(Beginning of Entries shown)

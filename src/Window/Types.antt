-- ===== src/Window/Types.antt =====
-- src/window.ts, the values of window manifests. The literal fields `version`, `algorithm`, `metric`
-- and `source` are left out.
use tasc.Base.{ℕ, Bool, List, [], ◌∷◌, Option, none, some, Eq, ℕ_discrete}
use tasc.Text.{Text, codes}

pub record MembershipRule : Type 0 where
  pub seed : Text
  pub sample_basis_points : ℕ

pub record ReportedCapacity : Type 0 where
  -- A finite non-negative number, by its canonical JSON.
  pub value : Text
  pub declaration_digest : Text
  pub frozen_policy_digest : Text
  pub event_time_start_inclusive : Text
  pub event_time_end_exclusive : Text

-- `WindowCapacityEvidence`.
pub data Capacity : Type 0 where
  unavailable : Text → Capacity
  reported : ReportedCapacity → Capacity

pub record ManifestBody : Type 0 where
  pub window_id : Text
  pub protocol_digest : Text
  pub frozen_policy_digest : Text
  pub event_time_start_inclusive : Text
  pub event_time_end_exclusive : Text
  pub ingestion_watermark : Text
  pub closure_reason : Text
  pub membership_rule : MembershipRule
  pub membership_digest : Text
  pub revision : ℕ
  pub predecessor_manifest_digest : Option Text
  pub trace_set_digest : Text
  pub evaluator_set_digest : Text
  pub capacity_evidence : Capacity

pub record WindowManifest : Type 0 where
  pub body : ManifestBody
  pub open body use *
  pub self_digest : Text

-- `WindowManifestRevisionChanges`.
pub record Changes : Type 0 where
  pub ingestion_watermark : Text
  pub closure_reason : Text
  pub trace_set_digest : Text
  pub evaluator_set_digest : Text
  pub capacity_evidence : Capacity

-- What the window checks read of a parsed trace.
pub record Attempt : Type 0 where
  pub started_at : Text
  pub completed_at : Text

pub record Trace : Type 0 where
  pub split : Text
  pub protocol_digest : Text
  pub policy_digest : Text
  pub collection_window_id : Text
  pub collection_window_membership_digest : Text
  pub attempts : List Attempt
  pub case_id : Text
  pub replicate_id : Text

abbrev pub split_online : Text
split_online = codes "online"

-- `trace.attempts[0]`.
abbrev pub first_attempt : List Attempt → Option Attempt
first_attempt [] = none
first_attempt (a ∷ rest) = some a

-- What the windows use of src/evidence.ts: SHA-256 digests in the domain of each kind of value, the
-- one of a selection as an integer, and whether a value is within the bounds of a copy.
pub record WindowContracts : Type 0 where
  pub digest_manifest : ManifestBody → Text
  pub digest_membership : Text → Text → MembershipRule → Text
  pub digest_capacity : Capacity → Text
  pub digest_selection : Text → Text → Text → ℕ
  pub fits_manifest : WindowManifest → Bool
  pub fits_changes : Changes → Bool
  pub fits_body : ManifestBody → Bool
  pub fits_binding : Text → Text → MembershipRule → Bool
  pub fits_selection : MembershipRule → Text → Text → Bool
  pub fits_policy : Text → Bool

pub data WindowError : Type 0 where
  not_in_bounds bad_shape bad_interval bad_watermark first_predecessor : WindowError
  missing_predecessor bad_membership capacity_policy capacity_bounds bad_self_digest : WindowError
  watermark_back nothing_changed too_many_revisions : WindowError
  not_online other_protocol other_policy other_window other_membership : WindowError
  no_attempt outside_interval late_completion not_sampled : WindowError
  manifest_protocol manifest_rule manifest_policy late_evidence : WindowError

-- What `fingerprintWindowManifest` is given.
pub data ManifestInput : Type 0 where
  with_digest : WindowManifest → ManifestInput
  without_digest : ManifestBody → ManifestInput

-- What the windows read of a normalized protocol, with its fingerprint.
pub record WindowProtocol : Type 0 where
  pub digest : Text
  pub online_window_membership : MembershipRule

unfoldable pub Capacity-discrete : Discrete Capacity
Capacity-discrete = hlevel ℕ_discrete

instance abbrev pub capacity_eq : Eq Capacity
capacity_eq = record { eq_dec = Capacity-discrete }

(End of Entries shown)

◆ Task to complete ◆
Whenever a line in the entries holds the word "record", copy that line.

◆ Task output ◆
pub record MembershipRule : Type 0 where
pub record ReportedCapacity : Type 0 where
pub record ManifestBody : Type 0 where
pub record WindowManifest : Type 0 where
pub record Changes : Type 0 where
pub record Attempt : Type 0 where
pub record Trace : Type 0 where
pub record WindowContracts : Type 0 where
pub record WindowProtocol : Type 0 where
capacity_eq = record { eq_dec = Capacity-discrete }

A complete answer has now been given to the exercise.